WHAT TO DO = Exactly as given, repeat all of the entries.

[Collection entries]
>>>>
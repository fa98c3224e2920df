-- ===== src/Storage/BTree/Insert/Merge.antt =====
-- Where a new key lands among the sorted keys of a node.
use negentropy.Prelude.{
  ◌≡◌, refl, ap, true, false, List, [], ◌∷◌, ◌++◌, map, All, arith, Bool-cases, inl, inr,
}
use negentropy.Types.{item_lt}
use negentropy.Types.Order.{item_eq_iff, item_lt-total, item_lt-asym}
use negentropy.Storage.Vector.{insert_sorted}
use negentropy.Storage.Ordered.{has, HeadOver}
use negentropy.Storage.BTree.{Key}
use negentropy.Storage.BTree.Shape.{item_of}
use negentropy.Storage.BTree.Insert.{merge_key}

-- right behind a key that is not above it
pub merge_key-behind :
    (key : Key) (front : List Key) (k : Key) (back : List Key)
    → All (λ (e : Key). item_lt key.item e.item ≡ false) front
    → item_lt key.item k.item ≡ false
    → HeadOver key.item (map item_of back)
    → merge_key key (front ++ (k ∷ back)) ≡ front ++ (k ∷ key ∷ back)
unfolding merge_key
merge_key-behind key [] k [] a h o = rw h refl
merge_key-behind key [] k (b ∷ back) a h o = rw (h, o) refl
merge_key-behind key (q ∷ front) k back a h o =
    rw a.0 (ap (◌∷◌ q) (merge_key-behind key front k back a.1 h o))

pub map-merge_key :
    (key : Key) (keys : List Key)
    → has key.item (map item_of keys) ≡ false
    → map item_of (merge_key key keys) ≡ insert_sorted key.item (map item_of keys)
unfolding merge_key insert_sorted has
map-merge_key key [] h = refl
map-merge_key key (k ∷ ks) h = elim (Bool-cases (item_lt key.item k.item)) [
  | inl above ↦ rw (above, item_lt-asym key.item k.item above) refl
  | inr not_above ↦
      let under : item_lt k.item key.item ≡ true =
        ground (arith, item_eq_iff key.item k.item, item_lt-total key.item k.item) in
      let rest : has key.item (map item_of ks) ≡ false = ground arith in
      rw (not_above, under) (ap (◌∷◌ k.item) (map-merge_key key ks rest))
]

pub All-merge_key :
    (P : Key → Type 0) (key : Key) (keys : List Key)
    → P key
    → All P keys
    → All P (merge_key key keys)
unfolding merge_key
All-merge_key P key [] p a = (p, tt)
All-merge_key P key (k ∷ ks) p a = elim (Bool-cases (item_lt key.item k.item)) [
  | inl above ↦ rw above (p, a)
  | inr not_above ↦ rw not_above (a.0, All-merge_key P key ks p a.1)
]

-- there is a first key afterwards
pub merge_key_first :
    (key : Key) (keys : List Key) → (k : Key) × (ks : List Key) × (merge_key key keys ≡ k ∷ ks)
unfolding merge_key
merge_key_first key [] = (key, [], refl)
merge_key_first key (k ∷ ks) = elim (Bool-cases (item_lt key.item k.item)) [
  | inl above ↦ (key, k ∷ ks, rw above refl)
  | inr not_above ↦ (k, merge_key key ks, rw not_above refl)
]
<<<<
RESPONSE TO THIS EXERCISE =
repository fa98c3224e2920df
-- ===== src/Storage/BTree/Insert/Merge.antt =====
-- Where a new key lands among the sorted keys of a node.
use negentropy.Prelude.{
  ◌≡◌, refl, ap, true, false, List, [], ◌∷◌, ◌++◌, map, All, arith, Bool-cases, inl, inr,
}
use negentropy.Types.{item_lt}
use negentropy.Types.Order.{item_eq_iff, item_lt-total, item_lt-asym}
use negentropy.Storage.Vector.{insert_sorted}
use negentropy.Storage.Ordered.{has, HeadOver}
use negentropy.Storage.BTree.{Key}
use negentropy.Storage.BTree.Shape.{item_of}
use negentropy.Storage.BTree.Insert.{merge_key}

-- right behind a key that is not above it
pub merge_key-behind :
    (key : Key) (front : List Key) (k : Key) (back : List Key)
    → All (λ (e : Key). item_lt key.item e.item ≡ false) front
    → item_lt key.item k.item ≡ false
    → HeadOver key.item (map item_of back)
    → merge_key key (front ++ (k ∷ back)) ≡ front ++ (k ∷ key ∷ back)
unfolding merge_key
merge_key-behind key [] k [] a h o = rw h refl
merge_key-behind key [] k (b ∷ back) a h o = rw (h, o) refl
merge_key-behind key (q ∷ front) k back a h o =
    rw a.0 (ap (◌∷◌ q) (merge_key-behind key front k back a.1 h o))

pub map-merge_key :
    (key : Key) (keys : List Key)
    → has key.item (map item_of keys) ≡ false
    → map item_of (merge_key key keys) ≡ insert_sorted key.item (map item_of keys)
unfolding merge_key insert_sorted has
map-merge_key key [] h = refl
map-merge_key key (k ∷ ks) h = elim (Bool-cases (item_lt key.item k.item)) [
  | inl above ↦ rw (above, item_lt-asym key.item k.item above) refl
  | inr not_above ↦
      let under : item_lt k.item key.item ≡ true =
        ground (arith, item_eq_iff key.item k.item, item_lt-total key.item k.item) in
      let rest : has key.item (map item_of ks) ≡ false = ground arith in
      rw (not_above, under) (ap (◌∷◌ k.item) (map-merge_key key ks rest))
]

pub All-merge_key :
    (P : Key → Type 0) (key : Key) (keys : List Key)
    → P key
    → All P keys
    → All P (merge_key key keys)
unfolding merge_key
All-merge_key P key [] p a = (p, tt)
All-merge_key P key (k ∷ ks) p a = elim (Bool-cases (item_lt key.item k.item)) [
  | inl above ↦ rw above (p, a)
  | inr not_above ↦ rw not_above (a.0, All-merge_key P key ks p a.1)
]

-- there is a first key afterwards
pub merge_key_first :
    (key : Key) (keys : List Key) → (k : Key) × (ks : List Key) × (merge_key key keys ≡ k ∷ ks)
unfolding merge_key
merge_key_first key [] = (key, [], refl)
merge_key_first key (k ∷ ks) = elim (Bool-cases (item_lt key.item k.item)) [
  | inl above ↦ (key, k ∷ ks, rw above refl)
  | inr not_above ↦ (k, merge_key key ks, rw not_above refl)
]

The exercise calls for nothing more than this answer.